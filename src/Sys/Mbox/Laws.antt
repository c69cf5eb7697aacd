-- ===== src/Sys/Mbox/Laws.antt =====
-- A mailbox as a channel for one message.
use fw.Base.{ℕ, zero, suc, ◌+◌, ◌≤◌, ◌≡◌, refl, ap, ◌∙◌, true, false, none, some, arith}
use fw.Base.{List, [], ◌∷◌, ◌++◌, length, take, drop, length-append, length-drop}
use fw.Base.{◌⊎◌, ◌≢◌, inl, inr}
use Prim.Native.Nat.{max}
use Prim.Native.Nat.add
use native.Mathlib.Nat.{zero-add, add-zero, suc-add}
use mathlib.Core.List.{append_assoc}
use fw.Sys.Mbox.{Mbox, Memory, memcpy, total_length, copy_parts, mbox_vdepositv}
use fw.Sys.Mbox.{mbox_retrieve}

-- The parts of a message, one after the other.
abbrev pub joined : List (List ℕ) → List ℕ
joined [] = []
joined (c ∷ cs) = c ++ joined cs

pub length-joined : (cs : List (List ℕ)) → length (joined cs) ≡ total_length cs
unfolding total_length
length-joined [] = refl
length-joined (c ∷ cs) = omega (arith, length-append c (joined cs), length-joined cs)

pub take-append : (xs ys : List ℕ) → take (length xs) (xs ++ ys) ≡ xs
take-append [] ys = refl
take-append (x ∷ xs) ys = ap (◌∷◌ x) (take-append xs ys)

drop-add : (m n : ℕ) (xs : List ℕ) → drop (m + n) xs ≡ drop n (drop m xs)
drop-add zero n xs = rw zero-add
drop-add (suc m) zero [] = rw add-zero
drop-add (suc m) (suc n) [] = rw add.suc
drop-add (suc m) n (x ∷ xs) = rw suc-add (drop-add m n xs)

drop-append : (xs ys : List ℕ) → drop (length xs) (xs ++ ys) ≡ ys
drop-append [] ys = refl
drop-append (x ∷ xs) ys = drop-append xs ys

memcpy-append :
    (front back c : List ℕ)
    → memcpy (front ++ back) (length front) c ≡ (front ++ c) ++ drop (length c) back
unfolding memcpy
memcpy-append front back c = rw (take-append, drop-add, drop-append, append_assoc)

-- The copy leaves the parts behind what stood before, up to what stands behind them.
copy_parts-joined :
    (cs : List (List ℕ)) (front back : List ℕ)
    → copy_parts (front ++ back) (length front) cs
      ≡ front ++ (joined cs ++ drop (total_length cs) back)
unfolding copy_parts total_length
copy_parts-joined [] front back = refl
copy_parts-joined (c ∷ cs) front back =
    rw (memcpy-append, ← length-append)
      (copy_parts-joined cs (front ++ c) (drop (length c) back)
        ∙ rw (drop-add, append_assoc, append_assoc))

pub copy_parts_memory :
    (cs : List (List ℕ)) (mem : Memory)
    → copy_parts mem 0 cs ≡ joined cs ++ drop (total_length cs) mem
copy_parts_memory cs mem = copy_parts-joined cs [] mem

pub take-copy_parts :
    (cs : List (List ℕ)) (mem : Memory) → take (total_length cs) (copy_parts mem 0 cs) ≡ joined cs
take-copy_parts cs mem = rw (copy_parts_memory, ← length-joined) (take-append (joined cs) _)

length-copy_parts :
    (cs : List (List ℕ)) (mem : Memory)
    → length (copy_parts mem 0 cs) ≡ max (length mem) (total_length cs)
length-copy_parts cs mem = rw copy_parts_memory (
    omega (
      arith,
      length-append (joined cs) (drop (total_length cs) mem),
      length-joined cs,
      length-drop (total_length cs) mem,
    ))

-- A deposit into an enabled and empty mailbox whose buffer holds the message succeeds, and the next
-- retrieval into a large enough buffer gets all the parts in order, and leaves the mailbox empty. The memory grows no longer than the message needs.
pub mbox_retrieve-vdepositv :
    (b : Mbox) (mem : Memory) (parts : List (List ℕ)) (size : ℕ)
    → b.enabled ≡ true
    → b.length ≡ none
    → b.has_buf ≡ true
    → total_length parts ≤ b.size
    → total_length parts ≤ size
    → (b' : Mbox) × (mem' : Memory) × (mbox_vdepositv b mem parts ≡ some (true, b', mem'))
      × (mbox_retrieve b' mem' (some size) ≡ some (some (length (joined parts)), joined parts, b))
      × (length mem' ≡ max (length mem) (total_length parts))
unfolding mbox_vdepositv mbox_retrieve
mbox_retrieve-vdepositv b mem parts size h k l m n = (
  record b { length = some (total_length parts) },
  copy_parts mem 0 parts,
  ground arith,
  ground (arith, take-copy_parts parts mem, length-joined parts),
  length-copy_parts parts mem,
)

-- A full or disabled mailbox refuses a deposit and keeps its message, whatever the new one is.
pub mbox_vdepositv_refused :
    (b : Mbox) (mem : Memory) (parts : List (List ℕ))
    → (b.enabled ≡ false) ⊎ (b.length ≢ none)
    → mbox_vdepositv b mem parts ≡ some (false, b, mem)
unfolding mbox_vdepositv
mbox_vdepositv_refused b mem parts (inl h) = rw h
mbox_vdepositv_refused b mem parts (inr h) = ground arith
______________________________
PROBLEM –
Above are the records; retype them all without a single difference.

ANSWER SPACE –
filename src/Sys/Mbox/Laws.antt
repository c69cf5eb7697aacd
-- ===== src/Sys/Mbox/Laws.antt =====
-- A mailbox as a channel for one message.
use fw.Base.{ℕ, zero, suc, ◌+◌, ◌≤◌, ◌≡◌, refl, ap, ◌∙◌, true, false, none, some, arith}
use fw.Base.{List, [], ◌∷◌, ◌++◌, length, take, drop, length-append, length-drop}
use fw.Base.{◌⊎◌, ◌≢◌, inl, inr}
use Prim.Native.Nat.{max}
use Prim.Native.Nat.add
use native.Mathlib.Nat.{zero-add, add-zero, suc-add}
use mathlib.Core.List.{append_assoc}
use fw.Sys.Mbox.{Mbox, Memory, memcpy, total_length, copy_parts, mbox_vdepositv}
use fw.Sys.Mbox.{mbox_retrieve}

-- The parts of a message, one after the other.
abbrev pub joined : List (List ℕ) → List ℕ
joined [] = []
joined (c ∷ cs) = c ++ joined cs

pub length-joined : (cs : List (List ℕ)) → length (joined cs) ≡ total_length cs
unfolding total_length
length-joined [] = refl
length-joined (c ∷ cs) = omega (arith, length-append c (joined cs), length-joined cs)

pub take-append : (xs ys : List ℕ) → take (length xs) (xs ++ ys) ≡ xs
take-append [] ys = refl
take-append (x ∷ xs) ys = ap (◌∷◌ x) (take-append xs ys)

drop-add : (m n : ℕ) (xs : List ℕ) → drop (m + n) xs ≡ drop n (drop m xs)
drop-add zero n xs = rw zero-add
drop-add (suc m) zero [] = rw add-zero
drop-add (suc m) (suc n) [] = rw add.suc
drop-add (suc m) n (x ∷ xs) = rw suc-add (drop-add m n xs)

drop-append : (xs ys : List ℕ) → drop (length xs) (xs ++ ys) ≡ ys
drop-append [] ys = refl
drop-append (x ∷ xs) ys = drop-append xs ys

memcpy-append :
    (front back c : List ℕ)
    → memcpy (front ++ back) (length front) c ≡ (front ++ c) ++ drop (length c) back
unfolding memcpy
memcpy-append front back c = rw (take-append, drop-add, drop-append, append_assoc)

-- The copy leaves the parts behind what stood before, up to what stands behind them.
copy_parts-joined :
    (cs : List (List ℕ)) (front back : List ℕ)
    → copy_parts (front ++ back) (length front) cs
      ≡ front ++ (joined cs ++ drop (total_length cs) back)
unfolding copy_parts total_length
copy_parts-joined [] front back = refl
copy_parts-joined (c ∷ cs) front back =
    rw (memcpy-append, ← length-append)
      (copy_parts-joined cs (front ++ c) (drop (length c) back)
        ∙ rw (drop-add, append_assoc, append_assoc))

pub copy_parts_memory :
    (cs : List (List ℕ)) (mem : Memory)
    → copy_parts mem 0 cs ≡ joined cs ++ drop (total_length cs) mem
copy_parts_memory cs mem = copy_parts-joined cs [] mem

pub take-copy_parts :
    (cs : List (List ℕ)) (mem : Memory) → take (total_length cs) (copy_parts mem 0 cs) ≡ joined cs
take-copy_parts cs mem = rw (copy_parts_memory, ← length-joined) (take-append (joined cs) _)

length-copy_parts :
    (cs : List (List ℕ)) (mem : Memory)
    → length (copy_parts mem 0 cs) ≡ max (length mem) (total_length cs)
length-copy_parts cs mem = rw copy_parts_memory (
    omega (
      arith,
      length-append (joined cs) (drop (total_length cs) mem),
      length-joined cs,
      length-drop (total_length cs) mem,
    ))

-- A deposit into an enabled and empty mailbox whose buffer holds the message succeeds, and the next
-- retrieval into a large enough buffer gets all the parts in order, and leaves the mailbox empty. The memory grows no longer than the message needs.
pub mbox_retrieve-vdepositv :
    (b : Mbox) (mem : Memory) (parts : List (List ℕ)) (size : ℕ)
    → b.enabled ≡ true
    → b.length ≡ none
    → b.has_buf ≡ true
    → total_length parts ≤ b.size
    → total_length parts ≤ size
    → (b' : Mbox) × (mem' : Memory) × (mbox_vdepositv b mem parts ≡ some (true, b', mem'))
      × (mbox_retrieve b' mem' (some size) ≡ some (some (length (joined parts)), joined parts, b))
      × (length mem' ≡ max (length mem) (total_length parts))
unfolding mbox_vdepositv mbox_retrieve
mbox_retrieve-vdepositv b mem parts size h k l m n = (
  record b { length = some (total_length parts) },
  copy_parts mem 0 parts,
  ground arith,
  ground (arith, take-copy_parts parts mem, length-joined parts),
  length-copy_parts parts mem,
)

-- A full or disabled mailbox refuses a deposit and keeps its message, whatever the new one is.
pub mbox_vdepositv_refused :
    (b : Mbox) (mem : Memory) (parts : List (List ℕ))
    → (b.enabled ≡ false) ⊎ (b.length ≢ none)
    → mbox_vdepositv b mem parts ≡ some (false, b, mem)
unfolding mbox_vdepositv
mbox_vdepositv_refused b mem parts (inl h) = rw h
mbox_vdepositv_refused b mem parts (inr h) = ground arith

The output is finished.